Results from the Colorado Plateau/Rio Grande Rift/Great Plains Seismic Transect (RISTRA 1) experiment. RISTRA 1 was a 1999-2001 950 km-long PASSCAL broadband teleseismic deployment of 54 seismographs with approximately 18 km station spacing across the southwestern U.S. The deployment followed an approximate great-circle path between Lake Powell, UT and Pecos, TX. Receiver function results (underlying grey-scale image) show crustal thickness ranging from 45 to 50 km beneath both the Colorado Plateau and the Great Plains, thinning to a minimum of 35 km centered nearly directly beneath the Rio Grande rift (RGR) axis. Tomographic inversion of teleseismic body-wave delay times (underlying S-velocity color image) show a broad low velocity region, also centered beneath the rift axis that extends from the Tularosa Basin to the Jemez Lineament. These observations suggest that the lower crust and mantle lithosphere of the RGR have deformed symmetrically about the rift axis, indicating an essentially pure shear mode of deformation characterized by symmetric stretching and necking of the crust and lithosphere. Upper mantle receiver function images show relatively flat discontinuities at 410 km and 670 km, indicating there is not a large-scale, deep-seated thermal anomaly beneath the rift, and that it is primarily an uppermost (200 km or shallower) mantle feature. However, smaller-amplitude variations in upper mantle velocity indicate unexpected localized thermal and/or or compositional variations that may be indicative of small-scale convection and lithospheric convective entrainment and/or reactivated pre-Cenozoic structures. Recent results suggest that such features may be ubiquitous in western U.S. upper mantle, and that uncovering their nature will be a prime target for EarthScope and related science efforts in the next decade. Images after Wilson et al. [2004] and Gao et al. [2004].

Gao, W., Grand, S., Baldridge, S., Wilson, D., West, M., Ni, J., Aster, R., An upper mantle seismic cross section through the Colorado Plateau, Rio Grande Rift, and Great Plains, J. Geophys. Res., 109 (B3), p.B03305, 2004.

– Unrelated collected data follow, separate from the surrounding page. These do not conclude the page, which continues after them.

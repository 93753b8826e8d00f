-- ===== src/Datalayer/Labels/Traced.antt =====
-- Where the label candidates come from: the custody chain that datalayer/labelstore.py promises.
use loyiha.Base.{
  ℕ, ◌≡◌, refl, sym, ◌≢◌, ◌⊎◌, inl, inr, Option, some, List, [], ◌∷◌, ◌++◌, ◌==◌, arith, ok, length,
  Bool-cases, Option-cases, All, In, In-All,
}
use loyiha.Contracts.Common.{Uuid, ImageFrame, PixelBox, ThreatCategory, unknown}
use loyiha.Contracts.Detection.{Detection, detection_ids}
use loyiha.Contracts.Detection.Frames.{Fits, IsPlaced, frame_by_id-found}
use loyiha.Contracts.Detection.Consistency.{IsConsistent}
use loyiha.Contracts.Feedback.{
  OperatorFeedback, DetectionReview, OperatorAnnotation, DetectionJudgement,
  category_matches_judgement,
}
use loyiha.Contracts.Feedback.Grounded.{IsGrounded, category_matches_judgement_iff}
use loyiha.Datalayer.Labels.{
  LabelEntry, LabelSource, true_negative_scan, detection_by_id, frame_sha256, detection_frame_id,
  detection_box, entry, region_entry, review_entries, add_reviews, missed_entry, add_missed,
  is_true_negative, true_negative_entry, add_true_negative, extract_label_entries,
}

-- the four columns of the box, of an entry that has one
pub record HasBox (e : LabelEntry) (b : PixelBox) : Type 0 where
  pub x : e.box_x ≡ some b.x
  pub y : e.box_y ≡ some b.y
  pub w : e.box_w ≡ some b.width
  pub h : e.box_h ≡ some b.height

-- The entry has a category, names a frame of the embedded result and the hash of the frame's stored bytes, the
-- feedback that it came from, and, unless it is of a true-negative scan, a box inside the frame.
pub record IsTraced (f : OperatorFeedback) (e : LabelEntry) : Type 0 where
  pub frame : ImageFrame
  pub listed : In frame f.detection.frames
  pub categorised : (c : ThreatCategory) × (e.category ≡ some c)
  pub named : e.frame_id ≡ frame.frame_id
  pub stored : e.scan_sha256 ≡ frame.image.sha256
  pub attributed :
      (e.scan_id ≡ f.scan_id)
      × (e.operator_id ≡ f.operator_id)
      × (e.feedback_id ≡ some f.feedback_id)
  pub region : (e.source ≡ true_negative_scan) ⊎ ((b : PixelBox) × HasBox e b × Fits b frame)

All-append : {A : Type 0} (P : A → Type 0) (xs ys : List A) → All P xs → All P ys → All P (xs ++ ys)
All-append P [] ys h k = k
All-append P (x ∷ xs) ys h k = (h.0, All-append P xs ys h.1 k)

-- The search finds a detection whose id is listed.
detection_by_id-In :
    (ds : List Detection) (i : Uuid)
    → In i (detection_ids ds)
    → (d : Detection) × (detection_by_id ds i ≡ some d) × In d ds
unfolding detection_by_id
detection_by_id-In [] i h = absurd h
detection_by_id-In (d ∷ ds) i h = elim (Bool-cases (d.detection_id == i)) [
  | inl p ↦ (d, ground (arith, p), inl refl)
  | inr p ↦ elim h [
    | inl e ↦ absurd (ground (arith, p, e))
    | inr k ↦ let (g, q, l) = detection_by_id-In ds i k in (g, ground (arith, p, q), inr l)
  ]
]

-- A valid reclassification has its corrected category.
corrected :
    (r : DetectionReview)
    → category_matches_judgement r ≡ ok tt
    → r.judgement ≡ DetectionJudgement.reclassified
    → (c : ThreatCategory) × (r.corrected_category ≡ some c)
corrected r valid e = elim (Option-cases r.corrected_category) [
  | inl p ↦ absurd (ground (arith, p, ((category_matches_judgement_iff r).0 valid).0 e))
  | inr found ↦ found
]

module _ (uuid4 : ℕ → Uuid) (now : ℕ → ℕ) (f : OperatorFeedback)
    (c : IsConsistent f.detection) where
  -- a review of a known detection whose validator passed
  record IsReadable (r : DetectionReview) : Type 0 where
    known : In r.detection_id (detection_ids f.detection.detections)
    valid : category_matches_judgement r ≡ ok tt

  readable :
      (rs : List DetectionReview)
      → All (λ r. In r.detection_id (detection_ids f.detection.detections)) rs
      → All (λ r. category_matches_judgement r ≡ ok tt) rs
      → All IsReadable rs
  readable [] h k = tt
  readable (r ∷ rs) h k = (record { known = h.0; valid = k.0 }, readable rs h.1 k.1)

  frame_sha256-found :
      (g : ImageFrame) → In g f.detection.frames → frame_sha256 f g.frame_id ≡ g.image.sha256
  unfolding frame_sha256
  frame_sha256-found g l = rw (frame_by_id-found f.detection.frames g c.frames_distinct l) refl

  -- the entry of a review of a known detection
  region_entry-IsTraced :
      (n : ℕ) (r : DetectionReview) (s : LabelSource) (cat from : Option ThreatCategory)
      → ((c : ThreatCategory) × (cat ≡ some c))
      → In r.detection_id (detection_ids f.detection.detections)
      → IsTraced f (region_entry uuid4 now f n r s cat from)
  unfolding region_entry entry detection_frame_id detection_box
  region_entry-IsTraced n r s cat from cat_some k =
      let (d, found, listed) = detection_by_id-In f.detection.detections r.detection_id k in
      let place = In-All _ f.detection.detections c.placed d listed in
      rw found (record {
        frame = place.frame;
        listed = place.listed;
        categorised = cat_some;
        named = sym place.named;
        stored = rw (sym place.named) (frame_sha256-found place.frame place.listed);
        attributed = (refl, refl, refl);
        region = inr (d.box, record { x = refl; y = refl; w = refl; h = refl }, place.fits);
      })

  review_entries-IsTraced :
      (n : ℕ) (r : DetectionReview)
      → IsReadable r
      → All (IsTraced f) (review_entries uuid4 now f n r)
  unfolding review_entries region_entry
  review_entries-IsTraced n r k = go r.judgement refl
    where
      go :
          (j : DetectionJudgement)
          → r.judgement ≡ j
          → All (IsTraced f) (review_entries uuid4 now f n r)
      go DetectionJudgement.confirmed e =
          rw e (region_entry-IsTraced n r _ _ _ (_, refl) k.known, tt)
      go DetectionJudgement.rejected e =
          rw e (region_entry-IsTraced n r _ _ _ (_, refl) k.known, tt)
      go DetectionJudgement.reclassified e =
          let cat = corrected r k.valid e in rw e (region_entry-IsTraced n r _ _ _ cat k.known, tt)
      go DetectionJudgement.unreviewed e = rw e tt

  add_reviews-IsTraced :
      (es : List LabelEntry) (rs : List DetectionReview)
      → All (IsTraced f) es
      → All IsReadable rs
      → All (IsTraced f) (add_reviews uuid4 now f es rs)
  unfolding add_reviews
  add_reviews-IsTraced es [] h k = h
  add_reviews-IsTraced es (r ∷ rs) h k =
      add_reviews-IsTraced (es ++ review_entries uuid4 now f (length es) r) rs
        (All-append (IsTraced f) es _ h (review_entries-IsTraced (length es) r k.0)) k.1

  missed_entry-IsTraced :
      (n : ℕ) (m : OperatorAnnotation)
      → IsPlaced f.detection.frames m.frame_id m.box
      → IsTraced f (missed_entry uuid4 now f n m)
  unfolding missed_entry entry
  missed_entry-IsTraced n m place = record {
    frame = place.frame;
    listed = place.listed;
    categorised = (m.category, refl);
    named = sym place.named;
    stored = rw (sym place.named) (frame_sha256-found place.frame place.listed);
    attributed = (refl, refl, refl);
    region = inr (m.box, record { x = refl; y = refl; w = refl; h = refl }, place.fits);
  }

  add_missed-IsTraced :
      (es : List LabelEntry) (ms : List OperatorAnnotation)
      → All (IsTraced f) es
      → All (λ m. IsPlaced f.detection.frames m.frame_id m.box) ms
      → All (IsTraced f) (add_missed uuid4 now f es ms)
  unfolding add_missed
  add_missed-IsTraced es [] h k = h
  add_missed-IsTraced es (m ∷ ms) h k =
      add_missed-IsTraced (es ++ (missed_entry uuid4 now f (length es) m ∷ [])) ms
        (All-append (IsTraced f) es _ h (missed_entry-IsTraced (length es) m k.0, tt)) k.1

  add_true_negative-IsTraced :
      (es : List LabelEntry) (frames : List ImageFrame)
      → frames ≢ []
      → ((g : ImageFrame) → In g frames → In g f.detection.frames)
      → All (IsTraced f) es
      → (out : List LabelEntry) × (add_true_negative uuid4 now f es frames ≡ ok out)
        × All (IsTraced f) out
  unfolding add_true_negative true_negative_entry entry
  add_true_negative-IsTraced es [] full sub h = absurd (full refl)
  add_true_negative-IsTraced es (g ∷ gs) full sub h = elim (Bool-cases (is_true_negative f)) [
    | inl p ↦ rw p (_, refl, All-append (IsTraced f) es _ h (last, tt))
    | inr p ↦ rw p (es, refl, h)
  ]
    where
      last : IsTraced f (true_negative_entry uuid4 now f (length es) g)
      last = record {
        frame = g;
        listed = sub g (inl refl);
        categorised = (unknown, refl);
        named = refl;
        stored = refl;
        attributed = (refl, refl, refl);
        region = inl refl;
      }

  -- Of a consistent embedded result with a frame, and grounded feedback whose reviews are valid,
  -- the extraction returns entries, and every one has a category and is traced to a frame, its
  -- hash, the operator and the feedback, with a box inside the frame unless it is of a
  -- true-negative scan.
  pub extract-IsTraced :
      IsGrounded f
      → All (λ r. category_matches_judgement r ≡ ok tt) f.reviews
      → f.detection.frames ≢ []
      → (es : List LabelEntry) × (extract_label_entries uuid4 now f ≡ ok es) × All (IsTraced f) es
  unfolding extract_label_entries
  extract-IsTraced g valid full =
      add_true_negative-IsTraced _ f.detection.frames full (λ x i. i)
        (add_missed-IsTraced _ f.missed
          (add_reviews-IsTraced [] f.reviews tt (readable f.reviews g.known valid)) g.placed)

Wilson, D., Aster, R., Ni, J., Grand, S., West, M., Gao, W., Baldridge, W.S., Semken, S., Imaging the seismic structure of the crust and upper mantle beneath the Great Plains, Rio Grande Rift, and Colorado Plateau, submitted to JGR, 2004.

Submitted by R. Aster, D. WIlson, J. Ni, S. Grand, and M. West

Comparison of CCP stacked receiver functions (at approximately the same scale) for the South American Andean/Sierra Pampean Mountains (30 deg S) and the North American Basin and Range/CP/Rocky Mountains (38.5 deg N) NA image from Gilbert and Sheehan [2004]; SA image from Gilbert, Beck, Zandt [2004]. Solid white lines marked M denote the Moho and dashed grey lines indicate possible active or relict structures. The Andean/SP region is underlain by a "flat subduction zone" and the Sierra Pampeanas are structures that are often cited as an active analog for the Laramide Rocky Mountains.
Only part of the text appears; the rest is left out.